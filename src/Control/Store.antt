-- ===== src/Control/Store.antt =====
-- The tables of the control plane's database and the reads of allocations, users and placements
-- (storage/sqlite/allocations.go, sessions.go, admin.go, revocations.go, provisioning.go). Ids are texts; the
-- nil UUID and a null owner, tenant or agent are the empty text.
pub mod Disks
pub mod Pool
use orlop.Prelude.{
  ℕ, ◌+◌, ◌^◌, Text, Bool, true, false, Option, none, some, List, [], ◌∷◌, ◌&&◌, ◌||◌, not, eqb,
  ltb, is_some, text, if◌then◌else◌, Outcome, ok, err, find,
}
use orlop.Prelude.Map.{is_empty}

-- A row of disk_allocations.
pub record Allocation : Type 0 where
  pub id : Text
  pub user_id : Text
  pub tenant_id : Text
  pub agent_id : Text
  pub size_bytes : ℕ
  pub created_at : ℕ
  pub revoked_at : Option ℕ
  pub purged_at : Option ℕ
  pub bound_agent_id : Option Text
  pub bound_at : Option ℕ
  pub lease_expires_at : Option ℕ
  pub mount_lease_token_hash : Option Text

pub record User : Type 0 where
  pub id : Text
  pub email : Text
  pub tenant_id : Text
  pub role : Text
  pub quota_bytes : ℕ
  pub suspended : Bool

pub record ServerVm : Type 0 where
  pub tenant_id : Text
  pub data_addr : Text
  pub status : Text

pub data ServerStatus : Type 0 where
  available draining unavailable : ServerStatus

pub record Server : Type 0 where
  pub id : Text
  pub data_addr : Text
  pub ops_addr : Text
  pub total_bytes : ℕ
  pub free_bytes : ℕ
  pub status : ServerStatus

-- A row of owner_capacity_reservations.
pub record Reservation : Type 0 where
  pub user_id : Text
  pub server_id : Text
  pub size_bytes : ℕ
  pub created_at : ℕ

pub record Enrollment : Type 0 where
  pub id : Text
  pub user_id : Text
  pub cert_serial : Text
  pub cert_not_after : ℕ

pub record Revocation : Type 0 where
  pub serial : Text
  pub tenant_id : Text
  pub expires_at : ℕ
  pub reason : Text

pub record Store : Type 0 where
  pub allocations : List Allocation
  pub users : List User
  pub server_vms : List ServerVm
  pub server_pool : List Server
  pub reservations : List Reservation
  pub enrollments : List Enrollment
  pub revocations : List Revocation

-- The errors of the service; `not_found` is also the store's, for a statement that meets no row, and
-- `other` any error made for the occasion.
pub data Error : Type 0 where
  quota_exceeded already_bound wrong_user wrong_agent already_mounted lease_lost revoked not_found :
      Error
  no_capacity not_revoked not_agent_allocation already_exists : Error
  lease_live : Option ℕ → ℕ → Error
  other : Error

abbrev pub Result : Type 0 → Type 0
Result A = Outcome Error A

abbrev pub allocation_id : Allocation → Text
allocation_id a = a.id

abbrev pub user_key : User → Text
user_key u = u.id

abbrev pub vm_tenant : ServerVm → Text
vm_tenant v = v.tenant_id

abbrev pub server_key : Server → Text
server_key s = s.id

abbrev pub server_data_addr : Server → Text
server_data_addr s = s.data_addr

abbrev pub enrollment_id : Enrollment → Text
enrollment_id e = e.id

abbrev pub revocation_serial : Revocation → Text
revocation_serial r = r.serial

-- A single row, or the store's not_found.
abbrev pub row_of : {R : Type 0} → Option R → Result R
row_of none = err not_found
row_of (some r) = ok r

unfoldable pub get_allocation : Text → Store → Result Allocation
get_allocation id db = row_of (find allocation_id id db.allocations)

unfoldable pub get_user : Text → Store → Result User
get_user id db = row_of (find user_key id db.users)

unfoldable pub get_server_vm_by_tenant : Text → Store → Result ServerVm
get_server_vm_by_tenant tenant db = row_of (find vm_tenant tenant db.server_vms)

unfoldable pub get_server_pool_by_data_addr : Text → Store → Result Server
get_server_pool_by_data_addr addr db = row_of (find server_data_addr addr db.server_pool)

unfoldable pub get_agent_enrollment : Text → Store → Result Enrollment
get_agent_enrollment id db = row_of (find enrollment_id id db.enrollments)

-- on conflict(cert_serial) do nothing
unfoldable pub add_cert_revocation : Revocation → Store → Store
add_cert_revocation r db =
    if is_some (find revocation_serial r.serial db.revocations)
    then db
    else record db { revocations = r ∷ db.revocations }

-- An active allocation of the user: `user_id = ? AND revoked_at IS NULL`.
abbrev pub is_active : Text → Allocation → Bool
is_active user a = eqb a.user_id user && not (is_some a.revoked_at)

unfoldable pub active_bytes : Text → List Allocation → ℕ
active_bytes user [] = 0
active_bytes user (a ∷ as') = (if is_active user a then a.size_bytes else 0) + active_bytes user as'

-- SQLite's sum of integers fails beyond an int64; sizes are positive, so that no part of a sum is more than the whole.
unfoldable pub sum_active_allocation_bytes : Text → List Allocation → Result ℕ
sum_active_allocation_bytes user as' =
    let total = active_bytes user as' in if ltb total (2 ^ 63) then ok total else err other

unfoldable pub count_active_allocations_for_user : Text → List Allocation → ℕ
count_active_allocations_for_user user [] = 0
count_active_allocations_for_user user (a ∷ as') =
    (if is_active user a then 1 else 0) + count_active_allocations_for_user user as'
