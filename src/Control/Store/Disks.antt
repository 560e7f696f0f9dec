-- ===== src/Control/Store/Disks.antt =====
-- The statements on disk_allocations: each is one UPDATE or INSERT with its guard, and the row that it returns.
-- A guard that meets no row is not_found. Times are microseconds.
use orlop.Prelude.{
  ℕ, ◌+◌, Text, Bool, true, false, Option, none, some, [], ◌∷◌, ◌&&◌, ◌||◌, not, eqb, ltb, leb,
  is_some, if◌then◌else◌, ok, err, find, update_key, guard, ◌>>◌,
}
use orlop.Prelude.Map.{is_empty}
use orlop.Control.Store.{
  Allocation, Store, Result, not_found, already_exists, other, allocation_id, user_key,
}

-- UPDATE disk_allocations SET (f) WHERE id = ? AND (test) RETURNING ...
unfoldable pub update_where :
    Text → (Allocation → Bool) → (Allocation → Allocation) → Store → Result (Allocation × Store)
update_where id test f db = elim (find allocation_id id db.allocations) [
  | none ↦ err not_found
  | some a ↦
      guard (test a) not_found
      >> ok (f a, record db { allocations = update_key allocation_id id f db.allocations })
]

abbrev pub new_allocation : Text → Text → ℕ → ℕ → Allocation
new_allocation id user size now = record {
  id = id;
  user_id = user;
  tenant_id = [];
  agent_id = [];
  size_bytes = size;
  created_at = now;
  revoked_at = none;
  purged_at = none;
  bound_agent_id = none;
  bound_at = none;
  lease_expires_at = none;
  mount_lease_token_hash = none;
}

-- The new id is an argument; the owner must exist.
unfoldable pub insert_allocation : Text → ℕ → Text → ℕ → Store → Result (Allocation × Store)
insert_allocation id now user size db =
    guard (not (is_some (find allocation_id id db.allocations))) already_exists
    >> guard (is_some (find user_key user db.users) && ltb 0 size) other
    >> ok (
      new_allocation id user size now,
      record db { allocations = new_allocation id user size now ∷ db.allocations },
    )

-- user_id = ?, which a null owner never is
abbrev pub is_of : Text → Allocation → Bool
is_of user a = not (is_empty a.user_id) && eqb a.user_id user

abbrev pub is_owned : Text → Allocation → Bool
is_owned user a = is_of user a && not (is_some a.revoked_at)

unfoldable pub bind_allocation : ℕ → Text → Text → Text → Store → Result (Allocation × Store)
bind_allocation now id user agent =
    update_where id (λ a. is_owned user a && not (is_some a.bound_agent_id))
      (λ a. record a { bound_agent_id = some agent; bound_at = some now })

abbrev pub coalesce : Option ℕ → ℕ → Option ℕ
coalesce none d = some d
coalesce (some v) d = some v

unfoldable pub revoke_allocation : ℕ → Text → Text → Store → Result (Allocation × Store)
revoke_allocation now id user =
    update_where id (is_of user) (λ a. record a { revoked_at = coalesce a.revoked_at now })

unfoldable pub mark_allocation_purged : ℕ → Text → Store → Result (Allocation × Store)
mark_allocation_purged now id =
    update_where id (λ a. is_some a.revoked_at && not (is_some a.purged_at))
      (λ a. record a { purged_at = some now })

unfoldable pub update_allocation_size : Text → Text → ℕ → Store → Result (Allocation × Store)
update_allocation_size id user size =
    update_where id (is_owned user) (λ a. record a { size_bytes = size })

-- a = some t
abbrev pub is_for : Option Text → Text → Bool
is_for none t = false
is_for (some s) t = eqb s t

-- lease_expires_at IS NULL OR lease_expires_at <= now
abbrev pub has_lapsed : Option ℕ → ℕ → Bool
has_lapsed none now = true
has_lapsed (some e) now = leb e now

-- The guard of `AcquireMountLease`.
abbrev pub may_acquire : ℕ → Text → Bool → Allocation → Bool
may_acquire now agent force a =
    not (is_some a.revoked_at)
    && (force
        || not (is_some a.bound_agent_id)
        || is_for a.bound_agent_id agent
        || has_lapsed a.lease_expires_at now)

abbrev pub acquired : ℕ → Text → ℕ → Text → Allocation → Allocation
acquired now agent ttl token a = record a {
  bound_agent_id = some agent;
  bound_at = if is_for a.bound_agent_id agent then a.bound_at else some now;
  lease_expires_at = some (now + ttl);
  mount_lease_token_hash = some token;
}

unfoldable pub acquire_lease :
    ℕ → Text → Text → ℕ → Bool → Text → Store → Result (Allocation × Store)
acquire_lease now id agent ttl force token =
    update_where id (may_acquire now agent force) (acquired now agent ttl token)

-- The holder's proof: the lease's token, or, with no token and none stored, the enrollment.
abbrev pub holds : Text → Text → Allocation → Bool
holds agent token a =
    (not (is_empty token) && is_for a.mount_lease_token_hash token)
    || (is_empty token && not (is_some a.mount_lease_token_hash) && is_for a.bound_agent_id agent)

abbrev pub may_refresh : ℕ → Text → Text → Allocation → Bool
may_refresh now agent token a =
    not (is_some a.revoked_at) && not (has_lapsed a.lease_expires_at now) && holds agent token a

abbrev pub refreshed : ℕ → Text → ℕ → Text → Allocation → Allocation
refreshed now agent ttl new_token a = record a {
  bound_agent_id = some agent;
  lease_expires_at = some (now + ttl);
  mount_lease_token_hash = if is_empty new_token then a.mount_lease_token_hash else some new_token;
}

unfoldable pub refresh_lease :
    ℕ → Text → Text → ℕ → Text → Text → Store → Result (Allocation × Store)
refresh_lease now id agent ttl token new_token =
    update_where id (may_refresh now agent token) (refreshed now agent ttl new_token)

abbrev pub released : Allocation → Allocation
released a = record a {
  bound_agent_id = none;
  bound_at = none;
  lease_expires_at = none;
  mount_lease_token_hash = none;
}

unfoldable pub release_lease : Text → Text → Text → Store → Result (Allocation × Store)
release_lease id agent token =
    update_where id (λ a. not (is_some a.bound_agent_id) || holds agent token a) released

unfoldable pub force_release_lease : Text → Text → Store → Result (Allocation × Store)
force_release_lease id user = update_where id (is_owned user) released
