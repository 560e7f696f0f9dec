-- ===== src/Control/Allocations.antt =====
-- The calls on allocations of the control plane's service: allocations/allocate.go, bind.go, revoke.go and get.go. A call
-- returns the row and the new store, and an error leaves the store; a wrapped error is the error it wraps.
pub mod Quota
pub mod Owners
use orlop.Prelude.{
  ◌%◌, ◌-◌, ℤ, pos, negsuc, ℕ, ◌+◌, ◌^◌, Text, Bool, true, false, Option, none, some, ◌&&◌, not,
  eqb, ltb, is_some, if◌then◌else◌, Outcome, ok, err, guard, ◌>>=◌, ◌>>◌,
}
use orlop.Control.Store.{
  Allocation, User, Store, Result, not_found, quota_exceeded, already_bound, wrong_user, revoked,
  other, get_allocation, get_user, sum_active_allocation_bytes,
}
use orlop.Control.Store.Disks.{insert_allocation, bind_allocation, revoke_allocation}

-- A statement that met no row is classified by reading the row again.
abbrev pub on_not_found : {A : Type 0} → Result A → Result A → Result A
on_not_found (err not_found) miss = miss
on_not_found r miss = r

-- The int64 of the low 64 bits of a number.
abbrev pub to_int64 : ℕ → ℤ
to_int64 n = let low = n % 2 ^ 64 in if ltb low (2 ^ 63) then pos low else negsuc (2 ^ 64 - 1 - low)

-- A number is less than an integer.
abbrev pub is_below : ℕ → ℤ → Bool
is_below n (pos m) = ltb n m
is_below n (negsuc m) = false

-- used + size > quota on int64
abbrev pub is_exceeded : ℕ → ℕ → ℕ → Bool
is_exceeded used size quota = is_below quota (to_int64 (used + size))

-- A size is positive; 0 stands for all the others.
unfoldable pub allocate : Text → ℕ → Text → ℕ → Store → Result (Allocation × Store)
allocate id now user size db =
    guard (ltb 0 size) other
    >> (get_user user db >>= (λ u. sum_active_allocation_bytes user db.allocations >>= (λ used.
        guard (not (is_exceeded used size u.quota_bytes)) quota_exceeded
        >> insert_allocation id now user size db)))

unfoldable pub bind : ℕ → Text → Text → Text → Store → Result (Allocation × Store)
bind now id user agent db = on_not_found (bind_allocation now id user agent db) (
    get_allocation id db >>= (λ cur.
      guard (eqb cur.user_id user) wrong_user
      >> guard (not (is_some cur.revoked_at)) revoked
      >> guard (not (is_some cur.bound_agent_id)) already_bound
      >> err other))

unfoldable pub revoke : ℕ → Text → Text → Store → Result (Allocation × Store)
revoke now id user db =
    on_not_found (revoke_allocation now id user db)
      (get_allocation id db >>= (λ cur. guard (eqb cur.user_id user) wrong_user >> err other))

unfoldable pub get_for_user : Text → Text → Store → Result Allocation
get_for_user id user db = get_allocation id db >>= (λ a.
    guard (eqb a.user_id user) wrong_user >> guard (not (is_some a.revoked_at)) revoked >> ok a)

┄┄┄┄┄┄

- [About this task]: Beginning with the line containing "get_for_user id user" and ending with the last line of the listing above, return every line exactly and nothing else.

- [Answer to this task]:
get_for_user id user db = get_allocation id db >>= (λ a.
    guard (eqb a.user_id user) wrong_user >> guard (not (is_some a.revoked_at)) revoked >> ok a)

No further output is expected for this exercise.